- Starring: Peter Klutt Co-hosts: Tom Hnatiw (2002-08) Michelle Jobin (2009-10) Marni Van Dyk (2011-12) Guest co-host: Ron Fellows (2008-10)
- Country of origin: Canada

Production
- Running time: 30 minutes

Original release
- Network: Mentv (2002, 2004, 2005) Speed Channel (2005?-2008) SUN TV (2009-)

= Dream Car Garage =

Dream Car Garage was a weekly television show produced by Westward Wind Productions for 11 seasons between 2002 and 2012. The series was produced in Halton Hills, Ontario. Its host was Peter Klutt, a car enthusiast and the owner of Legendary Motorcar Ltd., where many of the vehicles featured in the show came from.

From 2002 to 2008 Klutt's co-host was motor journalist and race announcer Tom Hnatiw, who was famous for the phrase "Do you need a car like this? No. Do you want a car like this???" He was succeeded in 2009 by television personality Michelle Jobin, primarily known as Global News weather presenter, for two seasons. Jobin's successor from 2011 to 2012 was comedian Marni Van Dyk. The Canadian racing driver Ron Fellows was an occasional guest co-host from 2008 to 2010.

==Successor==
The de facto successor to the programme was Legendary Motorcar, where "Peter Klutt and his crew at Legendary Motorcars buy, restore, sell and race classic, vintage and muscle cars". Hitherto two or three series have been produced. The first of eleven episodes of Series one aired on November 13, 2012, on Velocity. The last of 15 episodes of series two went to air on May 27, 2014.

==Regular features==
The show - generally rather heavy on product promotion, even more so in later years - focused on what it considered to be the "dream cars" of the regular, "everyday man". It featured a Classic Dream Car segment presented by Klutt, which cantered around an older car that would appeal to collectors or simply a nostalgic buyer, as well as a Modern Dream Car segment, presented by Hnatiw, which involved a modern supercar or high-performance vehicle.

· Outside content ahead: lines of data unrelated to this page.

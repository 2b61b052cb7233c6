-- ===== src/Process.antt =====
-- Processes: core/process, and the kernel's synchronisation (lib/semaphore.c).
pub mod Task
pub mod Schedule
pub mod Signal
pub mod Sleep
pub mod Semaphore
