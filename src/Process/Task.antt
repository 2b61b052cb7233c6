-- ===== src/Process/Task.antt =====
-- `struct process` and the process table, include/core/process/process.h and core/process/process.c.
-- A pointer to a process is its index in `process_list`.
use haoud_os.Base.{
  ℕ, ◌<◌, ◌≡◌, ◌≢◌, ◌⊎◌, inl, inr, Bool, true, false, List, [], ◌∷◌, Option, none, replicate, ◌||◌,
  get_or, set, length, length-set, get_or-set_self, get_or-set_ne, set_outside, ◌≤◌, sym, ap,
  decide_equal,
}

-- `TASK_UNRUNNABLE` to `TASK_ZOMBIE`
pub data TaskState : Type 0 where
  unrunnable created ready running blocked_interruptible blocked_uninterruptible zombie : TaskState

abbrev pub is_ready : TaskState → Bool
is_ready ready = true
is_ready _ = false

abbrev pub is_running : TaskState → Bool
is_running running = true
is_running _ = false

-- `signal != 0`
abbrev pub any : List Bool → Bool
any [] = false
any (b ∷ bs) = b || any bs

abbrev pub is_interruptible : TaskState → Bool
is_interruptible blocked_interruptible = true
is_interruptible _ = false

-- The fields that scheduling, signals, sleeping and the heap of a process use. `signal` is the bits of
-- the word, from the lowest.
pub record Process : Type 0 where
  pub pid : ℕ
  pub state : TaskState
  pub priority : ℕ
  pub current_priority : ℕ
  pub signal : List Bool
  pub sigfn : List ℕ
  pub sibling : Option ℕ
  pub sibling_next : Option ℕ
  pub user_tick : ℕ
  pub kernel_tick : ℕ
  pub brk_start : ℕ
  pub brk_end : ℕ
  pub kstack_ss0 : ℕ
  pub kstack_esp0 : ℕ
  pub cpu_contexte : ℕ
  pub mm_contexte : ℕ

-- An entry of the static table: all zero.
abbrev pub zero_process : Process
zero_process = record {
  pid = 0;
  state = unrunnable;
  priority = 0;
  current_priority = 0;
  signal = replicate 32 false;
  sigfn = [];
  sibling = none;
  sibling_next = none;
  user_tick = 0;
  kernel_tick = 0;
  brk_start = 0;
  brk_end = 0;
  kstack_ss0 = 0;
  kstack_esp0 = 0;
  cpu_contexte = 0;
  mm_contexte = 0;
}

-- The table, `current`, the task segment's stack and the memory context that is loaded.
pub record Table : Type 0 where
  pub process_list : List Process
  pub current : ℕ
  pub tss_ss0 : ℕ
  pub tss_esp0 : ℕ
  pub current_mm_context : ℕ

abbrev pub entry : Table → ℕ → Process
entry t i = get_or t.process_list i zero_process

abbrev pub modify : ℕ → (Process → Process) → Table → Table
modify i f t = record t { process_list = set t.process_list i (f (entry t i)) }

abbrev pub size : Table → ℕ
size t = length t.process_list

pub entry-modify_self :
    (i : ℕ) (f : Process → Process) (t : Table)
    → i < size t
    → entry (modify i f t) i ≡ f (entry t i)
entry-modify_self i f t h = get_or-set_self t.process_list i (f (entry t i)) zero_process h

pub entry-modify_ne :
    (i j : ℕ) (f : Process → Process) (t : Table) → i ≢ j → entry (modify i f t) j ≡ entry t j
entry-modify_ne i j f t ne = get_or-set_ne t.process_list i j (f (entry t i)) zero_process ne

pub size-modify : (i : ℕ) (f : Process → Process) (t : Table) → size (modify i f t) ≡ size t
size-modify i f t = length-set t.process_list i (f (entry t i))

pub modified_self :
    (i j : ℕ) (f : Process → Process) (t : Table)
    → i ≡ j
    → i < size t
    → entry (modify i f t) j ≡ f (entry t j)
modified_self i j f t e h = rw (sym e) (entry-modify_self i f t h)

-- Each entry is the old one, or the one that was modified.
pub entry-modify :
    (i j : ℕ) (f : Process → Process) (t : Table)
    → i < size t
    → ((i ≢ j) × (entry (modify i f t) j ≡ entry t j))
      ⊎ ((i ≡ j) × (entry (modify i f t) j ≡ f (entry t j)))
entry-modify i j f t h = elim (decide_equal i j) [
  | inl e ↦ inr (e, modified_self i j f t e h)
  | inr n ↦ inl (n, entry-modify_ne i j f t n)
]

pub modify_outside : (i : ℕ) (f : Process → Process) (t : Table) → size t ≤ i → modify i f t ≡ t
modify_outside i f t h =
    ap (λ ps. record t { process_list = ps }) (set_outside t.process_list i (f (entry t i)) h)
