-- ===== src/Process/Schedule.antt =====
-- core/process/schedule.c. The process switch saves the registers' place, the kernel stack of the
-- task segment and the memory context; the FPU state (arch/i386/fpu.c) is not part of the model.
pub mod Choice
pub mod Running
pub mod Context
mod Tests
use haoud_os.Base.{
  ℕ, zero, suc, ◌+◌, Bool, true, false, not, ◌&&◌, Option, none, some, List, [], ◌∷◌, map, ◌==◌,
  if◌then◌else◌,
}
use haoud_os.Process.Task.{
  TaskState, ready, running, blocked_interruptible, is_ready, is_running, is_interruptible, any,
  Process, Table, entry, modify,
}

-- A signal ends an interruptible sleep.
abbrev pub wake_signaled : Process → Process
wake_signaled p = if any p.signal && is_interruptible p.state then record p { state = ready } else p

-- Ready, with processor time left.
abbrev pub eligible : Process → Bool
eligible p = not (p.current_priority == 0) && is_ready p.state

-- The scan for a ready process, from index `i` on.
unfoldable pub find_ready : ℕ → List Process → Option ℕ
find_ready i [] = none
find_ready i (p ∷ ps) = if eligible p then some i else find_ready (i + 1) ps

abbrev pub refill : Process → Process
refill p = record p { current_priority = p.priority }

-- The second half of FindEligibleProcess: all time slices start again.
abbrev pub find_after_refill : Table → ℕ × Table
find_after_refill t =
    let t' = record t { process_list = map refill t.process_list } in
    elim (find_ready 0 t'.process_list) [ none ↦ (t.current, t') | some i ↦ (i, t') ]

abbrev pub keeps_running : Process → Bool
keeps_running p = is_running p.state && not (p.current_priority == 0)

unfoldable pub find_eligible_process : Table → ℕ × Table
find_eligible_process t =
    if keeps_running (entry t t.current)
    then (t.current, t)
    else elim (find_ready 0 t.process_list) [ none ↦ find_after_refill t | some i ↦ (i, t) ]

abbrev pub demote : TaskState → TaskState
demote s = if is_running s then ready else s

-- The current process leaves the processor.
abbrev pub leave : Table → Process → Process
leave t c = record c { kstack_ss0 = t.tss_ss0; kstack_esp0 = t.tss_esp0; state = demote c.state }

abbrev pub run : Process → Process
run p = record p { state = running }

-- From `save_fpu_state` on: `current` gives way to process `p`.
unfoldable pub switch_to : ℕ → Table → ℕ × Table
switch_to p t =
    let t' = modify p run (modify t.current (leave t) t) in
    let q = entry t' p in
    (
      q.cpu_contexte,
      record t' {
        current = p;
        tss_ss0 = q.kstack_ss0;
        tss_esp0 = q.kstack_esp0;
        current_mm_context = q.mm_contexte;
      },
    )

-- `current->cpu_contexte = current_state`
abbrev pub save_context : ℕ → Process → Process
save_context s p = record p { cpu_contexte = s }

-- What follows the choice of process `p`.
unfoldable pub resume : ℕ → ℕ → Table → ℕ × Table
resume current_state p t =
    let saved = modify t.current (save_context current_state) t in
    if p == t.current then (current_state, saved) else switch_to p saved

abbrev pub wake : Table → Table
wake t = record t { process_list = map wake_signaled t.process_list }

-- The interrupted registers' place goes in, and that of the process to run comes out.
unfoldable pub scheduler_core : ℕ → Table → ℕ × Table
scheduler_core current_state t =
    let (p, t') = find_eligible_process (wake t) in resume current_state p t'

Every season, the team chose an old or broken down car and repairs/tunes it for the show.

- The Pro Shop: Features fabrication and assembly tips.
- Pro Drivers tips (2009-): Features performance driving tips by professional racer.
- The Collectors (2009-): Features dream car collector.

==Specials==
Some of the one-hour-long special episodes of the TV show include:

- Old School Corvette Racer, a documentary on turning a 1960s Chevrolet Corvette into a modernized racer, and putting it into a vintage race series;
- Small Block Shootout, which compares small-block muscle cars;
- Muscle Car Shootout, which compares 7 big-block muscle cars (including LS6 Chevrolet Chevelle, Pontiac GTO Judge, Hurst Olds / 455 H.O., Buick GSX, Boss 429 Ford Mustang and AMC AMX).